Print exactly the lines below between the line holding "-- Two memories" and the line holding "present_zero : present 0 ≡ 0", inclusive, and nothing more.

_____

-- ===== src/Vmm/View.antt =====
-- What a walk through the tables finds: the entry that the processor uses for an address.
use pastoral.Base.{
  ℕ, zero, suc, ◌+◌, ◌*◌, ◌/◌, ◌%◌, ◌^◌, ◌<◌, ◌≡◌, refl, true, false, Option, none, some,
  if◌then◌else◌, arith, bit, Bool-cases, inl, inr, sym, ap, ◌∙◌, bit-zero,
}
use pastoral.Vmm.{Ram, has, address, pml4_lowest_level, pml5_lowest_level}

-- The index into the table of level `k`; level 0 is pml1.
abbrev pub index : ℕ → ℕ → ℕ
index k vaddr = vaddr / 2 ^ (12 + 9 * k) % 0x200

-- An entry that is not present is none for the processor.
abbrev pub present : ℕ → ℕ
present entry = if has entry 0 then entry else 0

-- The walk from table `p` of level `k`.
unfoldable pub walk : ℕ → (ℕ → ℕ) → ℕ → ℕ → Option ℕ
walk zero words p vaddr = some (p + 8 * index 0 vaddr)
walk (suc zero) words p vaddr =
    let entry = p + 8 * index 1 vaddr in
    let below = walk zero words (address (words entry)) vaddr in
    if has (words entry) 7 then some entry else if has (words entry) 0 then below else none
walk (suc (suc k)) words p vaddr =
    let entry = p + 8 * index (suc (suc k)) vaddr in
    let below = walk (suc k) words (address (words entry)) vaddr in
    if has (words entry) 0 then below else none

-- What the walk finds.
abbrev pub entry_at : (ℕ → ℕ) → Option ℕ → ℕ
entry_at words none = 0
entry_at words (some a) = present (words a)

unfoldable pub view : ℕ → (ℕ → ℕ) → ℕ → ℕ → ℕ
view k words p vaddr = entry_at words (walk k words p vaddr)

pub pml4_lowest_level-walk :
    (p vaddr : ℕ) (r : Ram) → pml4_lowest_level p vaddr r ≡ walk 3 r.words p vaddr
unfolding pml4_lowest_level walk
pml4_lowest_level-walk p vaddr r = ground arith

pub pml5_lowest_level-walk :
    (p vaddr : ℕ) (r : Ram) → pml5_lowest_level p vaddr r ≡ walk 4 r.words p vaddr
unfolding pml5_lowest_level walk
pml5_lowest_level-walk p vaddr r = ground arith

-- One level of the view.
pub view-zero :
    (words : ℕ → ℕ) (p vaddr : ℕ)
    → view zero words p vaddr ≡ present (words (p + 8 * index 0 vaddr))
unfolding view walk
view-zero words p vaddr = refl

-- The level below an entry, if the entry is present and no large page.
pub view-suc :
    (k : ℕ) (words : ℕ → ℕ) (p vaddr : ℕ)
    → has (words (p + 8 * index (suc k) vaddr)) 0 ≡ true
    → (k ≡ 0 → has (words (p + 8 * index (suc k) vaddr)) 7 ≡ false)
    → view (suc k) words p vaddr
      ≡ view k words (address (words (p + 8 * index (suc k) vaddr))) vaddr
unfolding view walk
view-suc zero words p vaddr e small = rw (e, small refl) refl
view-suc (suc k) words p vaddr e small = rw e refl

pub view-absent :
    (k : ℕ) (words : ℕ → ℕ) (p vaddr : ℕ)
    → has (words (p + 8 * index (suc k) vaddr)) 0 ≡ false
    → view (suc k) words p vaddr ≡ 0
unfolding view walk
view-absent zero words p vaddr e = elim (Bool-cases (has (words (p + 8 * index 1 vaddr)) 7)) [
  | inl large ↦ rw (large, e) refl
  | inr small ↦ rw (small, e) refl
]
view-absent (suc k) words p vaddr e = rw e refl

-- A large page.
pub view-large :
    (words : ℕ → ℕ) (p vaddr : ℕ)
    → has (words (p + 8 * index 1 vaddr)) 7 ≡ true
    → view 1 words p vaddr ≡ present (words (p + 8 * index 1 vaddr))
unfolding view walk
view-large words p vaddr e = rw e refl

-- Two memories give the same view from a table if they agree on its entry, and on the view from the
-- table behind it.
module _ (w w' : ℕ → ℕ) (p v : ℕ) where
  through :
      (k : ℕ)
      → w' (p + 8 * index (suc k) v) ≡ w (p + 8 * index (suc k) v)
      → (k ≡ 0 → has (w (p + 8 * index (suc k) v)) 7 ≡ false)
      → (has (w (p + 8 * index (suc k) v)) 0 ≡ true
          → view k w' (address (w (p + 8 * index (suc k) v))) v
            ≡ view k w (address (w (p + 8 * index (suc k) v))) v)
      → view (suc k) w' p v ≡ view (suc k) w p v
  through k same small below = elim (Bool-cases (has (w (p + 8 * index (suc k) v)) 0)) [
    | inl e ↦
        view-suc k w' p v (rw same e) (λ z. rw same (small z))
        ∙ ap (λ t. view k w' (address t) v) same
        ∙ below e
        ∙ sym (view-suc k w p v e small)
    | inr e ↦ view-absent k w' p v (rw same e) ∙ sym (view-absent k w p v e)
  ]

  pub view-cong :
      (k : ℕ)
      → w' (p + 8 * index (suc k) v) ≡ w (p + 8 * index (suc k) v)
      → (has (w (p + 8 * index (suc k) v)) 0 ≡ true
          → (k ≡ 0 → has (w (p + 8 * index (suc k) v)) 7 ≡ false)
          → view k w' (address (w (p + 8 * index (suc k) v))) v
            ≡ view k w (address (w (p + 8 * index (suc k) v))) v)
      → view (suc k) w' p v ≡ view (suc k) w p v
  view-cong zero same below = elim (Bool-cases (has (w (p + 8 * index 1 v)) 7)) [
    | inl large ↦ view-large w' p v (rw same large) ∙ ap present same ∙ sym (view-large w p v large)
    | inr small ↦ through zero same (λ z. small) (λ e. below e (λ z. small))
  ]
  view-cong (suc k) same below =
      through (suc k) same (λ z. absurd (omega arith)) (λ e. below e (λ z. absurd (omega arith)))

present_zero : present 0 ≡ 0
unfolding bit
present_zero = refl

-- A table of zeros.
pub view-empty :
    (k : ℕ) (words : ℕ → ℕ) (p v : ℕ)
    → ((i : ℕ) → i < 0x200 → words (p + 8 * i) ≡ 0)
    → view k words p v ≡ 0
view-empty zero words p v z =
    view-zero words p v ∙ ap present (z (index 0 v) (omega arith)) ∙ present_zero
view-empty (suc k) words p v z =
    view-absent k words p v (rw (z (index (suc k) v) (omega arith), bit-zero 0) refl)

_____

* ANSWER FOR THE TASK *
-- Two memories give the same view from a table if they agree on its entry, and on the view from the
-- table behind it.
module _ (w w' : ℕ → ℕ) (p v : ℕ) where
  through :
      (k : ℕ)
      → w' (p + 8 * index (suc k) v) ≡ w (p + 8 * index (suc k) v)
      → (k ≡ 0 → has (w (p + 8 * index (suc k) v)) 7 ≡ false)
      → (has (w (p + 8 * index (suc k) v)) 0 ≡ true
          → view k w' (address (w (p + 8 * index (suc k) v))) v
            ≡ view k w (address (w (p + 8 * index (suc k) v))) v)
      → view (suc k) w' p v ≡ view (suc k) w p v
  through k same small below = elim (Bool-cases (has (w (p + 8 * index (suc k) v)) 0)) [
    | inl e ↦
        view-suc k w' p v (rw same e) (λ z. rw same (small z))
        ∙ ap (λ t. view k w' (address t) v) same
        ∙ below e
        ∙ sym (view-suc k w p v e small)
    | inr e ↦ view-absent k w' p v (rw same e) ∙ sym (view-absent k w p v e)
  ]

  pub view-cong :
      (k : ℕ)
      → w' (p + 8 * index (suc k) v) ≡ w (p + 8 * index (suc k) v)
      → (has (w (p + 8 * index (suc k) v)) 0 ≡ true
          → (k ≡ 0 → has (w (p + 8 * index (suc k) v)) 7 ≡ false)
          → view k w' (address (w (p + 8 * index (suc k) v))) v
            ≡ view k w (address (w (p + 8 * index (suc k) v))) v)
      → view (suc k) w' p v ≡ view (suc k) w p v
  view-cong zero same below = elim (Bool-cases (has (w (p + 8 * index 1 v)) 7)) [
    | inl large ↦ view-large w' p v (rw same large) ∙ ap present same ∙ sym (view-large w p v large)
    | inr small ↦ through zero same (λ z. small) (λ e. below e (λ z. small))
  ]
  view-cong (suc k) same below =
      through (suc k) same (λ z. absurd (omega arith)) (λ e. below e (λ z. absurd (omega arith)))

present_zero : present 0 ≡ 0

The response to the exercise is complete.